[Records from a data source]
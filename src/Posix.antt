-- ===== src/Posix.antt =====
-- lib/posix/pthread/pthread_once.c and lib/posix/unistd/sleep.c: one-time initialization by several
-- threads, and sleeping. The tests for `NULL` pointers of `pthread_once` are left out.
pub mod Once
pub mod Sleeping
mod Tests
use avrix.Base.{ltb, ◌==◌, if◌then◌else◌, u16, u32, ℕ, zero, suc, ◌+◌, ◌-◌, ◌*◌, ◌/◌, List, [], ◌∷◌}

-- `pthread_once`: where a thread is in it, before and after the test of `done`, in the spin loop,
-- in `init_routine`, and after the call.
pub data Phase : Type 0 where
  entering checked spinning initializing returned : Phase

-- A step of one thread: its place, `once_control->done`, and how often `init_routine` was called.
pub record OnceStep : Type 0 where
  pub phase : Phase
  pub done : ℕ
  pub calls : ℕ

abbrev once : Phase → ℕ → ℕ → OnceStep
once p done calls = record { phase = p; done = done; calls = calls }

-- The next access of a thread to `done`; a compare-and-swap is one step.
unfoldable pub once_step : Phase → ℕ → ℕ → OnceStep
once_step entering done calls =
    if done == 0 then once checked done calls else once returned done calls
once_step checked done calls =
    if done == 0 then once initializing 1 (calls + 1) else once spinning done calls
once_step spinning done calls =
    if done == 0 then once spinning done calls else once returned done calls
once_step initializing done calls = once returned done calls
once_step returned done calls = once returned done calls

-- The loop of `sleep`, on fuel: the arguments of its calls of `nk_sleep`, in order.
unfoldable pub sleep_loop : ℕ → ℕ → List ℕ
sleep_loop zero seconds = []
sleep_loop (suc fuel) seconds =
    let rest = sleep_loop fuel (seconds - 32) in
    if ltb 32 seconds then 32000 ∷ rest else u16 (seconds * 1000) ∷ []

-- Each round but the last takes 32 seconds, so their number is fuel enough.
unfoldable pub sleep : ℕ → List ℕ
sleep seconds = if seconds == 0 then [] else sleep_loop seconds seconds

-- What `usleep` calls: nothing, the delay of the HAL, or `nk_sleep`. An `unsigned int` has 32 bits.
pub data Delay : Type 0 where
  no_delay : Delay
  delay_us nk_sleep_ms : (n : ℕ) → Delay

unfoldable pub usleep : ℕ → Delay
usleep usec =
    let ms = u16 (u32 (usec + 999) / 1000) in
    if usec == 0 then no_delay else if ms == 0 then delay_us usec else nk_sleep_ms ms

---

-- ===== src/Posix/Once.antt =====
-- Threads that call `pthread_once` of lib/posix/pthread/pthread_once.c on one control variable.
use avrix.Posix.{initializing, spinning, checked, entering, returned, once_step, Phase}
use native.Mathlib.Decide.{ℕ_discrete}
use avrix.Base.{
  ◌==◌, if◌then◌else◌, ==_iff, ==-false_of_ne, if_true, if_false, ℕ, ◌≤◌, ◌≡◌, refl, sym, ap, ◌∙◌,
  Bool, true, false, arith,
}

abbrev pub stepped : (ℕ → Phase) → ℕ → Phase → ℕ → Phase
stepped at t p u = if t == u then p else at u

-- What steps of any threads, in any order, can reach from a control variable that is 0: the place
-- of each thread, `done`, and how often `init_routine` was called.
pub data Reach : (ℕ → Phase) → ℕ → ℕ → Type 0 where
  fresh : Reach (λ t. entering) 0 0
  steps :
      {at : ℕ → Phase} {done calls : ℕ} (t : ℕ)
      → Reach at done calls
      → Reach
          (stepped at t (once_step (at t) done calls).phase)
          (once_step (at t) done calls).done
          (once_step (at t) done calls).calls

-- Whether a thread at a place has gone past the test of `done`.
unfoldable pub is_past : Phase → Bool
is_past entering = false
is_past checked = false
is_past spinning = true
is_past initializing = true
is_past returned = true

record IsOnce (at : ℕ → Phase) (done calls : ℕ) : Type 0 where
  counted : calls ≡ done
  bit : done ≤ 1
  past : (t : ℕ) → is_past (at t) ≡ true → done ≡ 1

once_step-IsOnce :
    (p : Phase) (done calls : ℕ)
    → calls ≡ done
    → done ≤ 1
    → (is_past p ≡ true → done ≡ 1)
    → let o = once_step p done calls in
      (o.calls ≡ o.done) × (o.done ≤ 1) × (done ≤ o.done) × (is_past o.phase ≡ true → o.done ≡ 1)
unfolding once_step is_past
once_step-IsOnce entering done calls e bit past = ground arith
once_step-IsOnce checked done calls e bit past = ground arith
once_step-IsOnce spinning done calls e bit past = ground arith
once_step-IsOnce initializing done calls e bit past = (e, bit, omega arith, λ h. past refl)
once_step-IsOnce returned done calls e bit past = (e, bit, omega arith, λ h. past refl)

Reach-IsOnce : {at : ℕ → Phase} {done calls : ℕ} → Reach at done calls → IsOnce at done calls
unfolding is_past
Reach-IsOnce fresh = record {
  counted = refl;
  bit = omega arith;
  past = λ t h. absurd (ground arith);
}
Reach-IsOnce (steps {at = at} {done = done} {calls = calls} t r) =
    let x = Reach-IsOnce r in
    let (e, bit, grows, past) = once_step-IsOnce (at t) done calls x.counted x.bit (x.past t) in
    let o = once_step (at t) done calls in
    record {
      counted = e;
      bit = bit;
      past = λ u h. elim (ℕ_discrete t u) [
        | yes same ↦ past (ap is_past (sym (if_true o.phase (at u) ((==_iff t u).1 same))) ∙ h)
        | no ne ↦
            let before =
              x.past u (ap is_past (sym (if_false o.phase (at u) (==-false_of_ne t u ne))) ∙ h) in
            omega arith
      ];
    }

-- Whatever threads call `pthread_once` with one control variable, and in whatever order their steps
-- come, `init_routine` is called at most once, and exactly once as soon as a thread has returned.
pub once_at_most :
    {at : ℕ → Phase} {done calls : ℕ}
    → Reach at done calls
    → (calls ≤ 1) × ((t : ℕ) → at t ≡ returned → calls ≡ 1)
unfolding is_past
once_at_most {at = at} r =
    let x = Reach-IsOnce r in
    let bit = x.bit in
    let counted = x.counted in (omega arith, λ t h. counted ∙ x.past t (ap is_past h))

* * *

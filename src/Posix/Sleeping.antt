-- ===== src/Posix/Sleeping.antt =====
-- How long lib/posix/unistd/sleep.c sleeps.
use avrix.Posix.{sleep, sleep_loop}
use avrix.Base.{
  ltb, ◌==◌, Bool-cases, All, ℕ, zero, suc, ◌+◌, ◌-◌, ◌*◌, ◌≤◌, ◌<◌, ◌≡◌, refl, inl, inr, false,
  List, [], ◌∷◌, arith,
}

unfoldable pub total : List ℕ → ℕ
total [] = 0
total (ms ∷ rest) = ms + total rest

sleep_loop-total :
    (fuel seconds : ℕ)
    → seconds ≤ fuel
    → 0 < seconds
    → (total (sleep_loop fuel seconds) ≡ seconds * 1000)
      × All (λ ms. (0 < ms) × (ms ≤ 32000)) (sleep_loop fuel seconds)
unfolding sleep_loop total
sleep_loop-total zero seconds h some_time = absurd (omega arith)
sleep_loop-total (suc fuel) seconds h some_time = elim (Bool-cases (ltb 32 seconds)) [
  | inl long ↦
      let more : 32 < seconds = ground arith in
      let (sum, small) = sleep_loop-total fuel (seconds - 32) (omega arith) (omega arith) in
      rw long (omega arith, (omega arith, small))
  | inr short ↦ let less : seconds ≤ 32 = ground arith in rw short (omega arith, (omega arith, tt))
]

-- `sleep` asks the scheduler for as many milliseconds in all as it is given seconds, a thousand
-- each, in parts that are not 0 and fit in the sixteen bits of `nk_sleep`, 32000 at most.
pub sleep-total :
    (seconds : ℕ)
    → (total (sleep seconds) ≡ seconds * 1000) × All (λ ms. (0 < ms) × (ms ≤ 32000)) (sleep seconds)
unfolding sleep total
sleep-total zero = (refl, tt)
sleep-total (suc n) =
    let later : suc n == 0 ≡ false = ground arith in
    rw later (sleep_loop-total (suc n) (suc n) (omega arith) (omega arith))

ACTIVITY:
Using the data above, transcribe the lines that run from the line with "-- Each round" to the line with "let ms = u16 (u32 (usec + 999) / 1000) in", both ends kept, and output nothing else.

ANSWER FOR THE TASK:
-- Each round but the last takes 32 seconds, so their number is fuel enough.
unfoldable pub sleep : ℕ → List ℕ
sleep seconds = if seconds == 0 then [] else sleep_loop seconds seconds

-- What `usleep` calls: nothing, the delay of the HAL, or `nk_sleep`. An `unsigned int` has 32 bits.
pub data Delay : Type 0 where
  no_delay : Delay
  delay_us nk_sleep_ms : (n : ℕ) → Delay

unfoldable pub usleep : ℕ → Delay
usleep usec =
    let ms = u16 (u32 (usec + 999) / 1000) in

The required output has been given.